In 1956 Kennedy almost gained the Democratic nomination for
Vice President, and four years later was a first-ballot
nominee for President. Millions watched his television
debates with the Republican candidate, Richard M. Nixon.
Winning by a narrow margin in the popular vote, Kennedy
became the first Roman Catholic President.
His Inaugural Address offered the memorable injunction: "Ask
not what your country can do for you--ask what you can do
for your country." As President, he set out to redeem his
campaign pledge to get America moving again. His economic
programs launched the country on its longest sustained
expansion since World War II; before his death, he laid
plans for a massive assault on persisting pockets of
privation and poverty.
Responding to ever more urgent demands, he took vigorous
action in the cause of equal rights, calling for new civil
rights legislation. His vision of America extended to the
quality of the national culture and the central role of the
arts in a vital society.
He wished America to resume its old mission as the first
nation dedicated to the revolution of human rights. With the
Alliance for Progress and the Peace Corps, he brought
American idealism to the aid of developing nations. But the
hard reality of the Communist challenge remained.
Shortly after his inauguration, Kennedy permitted a band of
Cuban exiles, already armed and trained, to invade their
homeland. The attempt to overthrow the regime of Fidel
Castro was a failure. Soon thereafter, the Soviet Union
renewed its campaign against West Berlin. Kennedy replied by
reinforcing the Berlin garrison and increasing the Nation's
military strength, including new efforts in outer space.
Confronted by this reaction, Moscow, after the erection of
the Berlin Wall, relaxed its pressure in central Europe.

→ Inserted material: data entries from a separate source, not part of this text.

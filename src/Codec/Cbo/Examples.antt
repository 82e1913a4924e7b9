-- ===== src/Codec/Cbo/Examples.antt =====
-- Runs of the codec on small bitmaps, kept as lists.
use milli.Base.{ℕ, false, List, [], ◌∷◌, some, map, ◌≡◌}
use milli.Bitmap.Sample.{sample, sample-IsRoaring}
use milli.Codec.Cbo.{serialize_into, merge_into}
use milli.Codec.Cbo.Laws.{Decodes, deserialize-serialize_into}
use milli.Codec.Cbo.Merge.{encode, in_any, merge_into-Decodes}

abbrev small : List ℕ
small = 7 ∷ 3 ∷ []

abbrev large : List ℕ
large = 1 ∷ 2 ∷ 3 ∷ 4 ∷ 5 ∷ 6 ∷ 7 ∷ 8 ∷ 9 ∷ []

deserialize-serialize_into_example :
    Decodes sample sample-IsRoaring false
      (serialize_into sample false small [])
      (sample.contains small)
deserialize-serialize_into_example = deserialize-serialize_into sample sample-IsRoaring false small

merge_into-Decodes_example :
    (bytes : List ℕ) × (merge_into sample false
        (map (encode sample sample-IsRoaring false) (small ∷ large ∷ []))
        []
      ≡ some bytes)
    × Decodes sample sample-IsRoaring false bytes
        (in_any sample sample-IsRoaring false (small ∷ large ∷ []))
merge_into-Decodes_example = merge_into-Decodes sample sample-IsRoaring false (small ∷ large ∷ [])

Instead, the Russians now sought to install nuclear missiles
in Cuba. When this was discovered by air reconnaissance in
October 1962, Kennedy imposed a quarantine on all offensive
weapons bound for Cuba. While the world trembled on the
brink of nuclear war, the Russians backed down and agreed to
take the missiles away. The American response to the Cuban
crisis evidently persuaded Moscow of the futility of nuclear
blackmail.
Kennedy now contended that both sides had a vital interest
in stopping the spread of nuclear weapons and slowing the
arms race--a contention which led to the test ban treaty of
1963. The months after the Cuban crisis showed significant
progress toward his goal of "a world of law and free choice,
banishing the world of war and coercion." His administration
thus saw the beginning of new hope for both the equal rights
of Americans and the peace of the world.